* [Task item] If a line includes the word "unbinned", it belongs in the count; state the total for the data below and add nothing.

* [Material supplied]
-- ===== src/Sensor/Live.antt =====
-- Changes of a running sensor: a moved origin, and a new geometry.
use podbay_camera_firmware.Prelude.{ℕ, ◌%◌, ◌^◌, ◌≡◌, ap, ◌∙◌, false, not, List, ◌==◌, arith, ok}
use podbay_camera_firmware.Device.{I2c}
use podbay_camera_firmware.Config.{Geometry, physical_width, physical_height}
use podbay_camera_firmware.Config.Valid.{Fits, validate_origin_iff}
use podbay_camera_firmware.Sensor.{full_raw_expected, origin_registers}
use podbay_camera_firmware.Sensor.Driver.{verify_full_raw_mode, set_origin_live, under_hold}
use podbay_camera_firmware.Sensor.Registers.{
  RegisterFile, Holds, AllWords, assign, update, write_register_lem, write_all_lem, attest_lem,
}

physical_plain :
    (g : Geometry)
    → g.binning ≡ 1
    → g.scale ≡ 1
    → (physical_width g ≡ g.width % 2 ^ 32) × (physical_height g ≡ g.height % 2 ^ 32)
unfolding physical_width physical_height
physical_plain g b s = rw (b, s) (omega arith)

origin_Holds :
    (g : Geometry) (x y x' y' : ℕ) (registers : ℕ → ℕ)
    → g.binning ≡ 1
    → g.scale ≡ 1
    → Holds (full_raw_expected g x y) registers
    → Holds
        (full_raw_expected g x' y')
        (update (assign (origin_registers g x' y') (update registers 0x0104 0x01)) 0x0104 0x00)
unfolding full_raw_expected origin_registers
origin_Holds g x y x' y' registers b s h = omega (arith, physical_plain g b s)

origin_AllWords :
    (g : Geometry) (x y : ℕ)
    → AllWords (origin_registers g x y) × AllWords (full_raw_expected g x y)
unfolding full_raw_expected origin_registers
origin_AllWords g x y = omega arith

module _ (bus : I2c) (file : RegisterFile bus) where
  open bus use {State}
  open file use {content}

  under_hold_lem :
      (table : List (ℕ × ℕ)) (s : State)
      → AllWords table
      → (s' : State) × (under_hold bus table s ≡ (ok tt, s'))
        × (content s' ≡ update (assign table (update (content s) 0x0104 0x01)) 0x0104 0x00)
  unfolding under_hold
  under_hold_lem table s words =
      let (t, held, set) = write_register_lem bus file 0x0104 0x01 s (omega arith) in
      let (u, written, table_set) = write_all_lem bus file table t words in
      let (v, released, cleared) = write_register_lem bus file 0x0104 0x00 u (omega arith) in
      (
        v,
        rw (held, written, released),
        cleared ∙ ap (λ f. update f 0x0104 0x00) (table_set ∙ ap (assign table) set),
      )

  -- On a sensor that keeps its registers and runs in the attested physical 1x1 mode, moving the origin
  -- to one that fits succeeds, and the attestation at the new origin then succeeds.
  pub set_origin_live-attested :
      (g : Geometry) (x y x' y' : ℕ) (s : State)
      → g.binning ≡ 1
      → g.scale ≡ 1
      → Holds (full_raw_expected g x y) (content s)
      → Fits g x' y'
      → (s' s'' : State) × (set_origin_live bus g x' y' s ≡ (ok tt, s'))
        × (verify_full_raw_mode bus g x' y' s' ≡ (ok tt, s''))
  unfolding set_origin_live verify_full_raw_mode
  set_origin_live-attested g x y x' y' s one single held fits =
      let (words, words') = origin_AllWords g x' y' in
      let (t, moved, set) = under_hold_lem (origin_registers g x' y') s words in
      let (u, attested, _) =
        attest_lem bus file (full_raw_expected g x' y') t words'
          (rw set (origin_Holds g x y x' y' (content s) one single held)) in
      let valid = (validate_origin_iff g x' y').1 fits in
      let unbinned : not (g.binning == 1) ≡ false = ground arith in
      (t, u, rw valid moved, rw (unbinned, valid) attested)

* [Answer to the problem] 2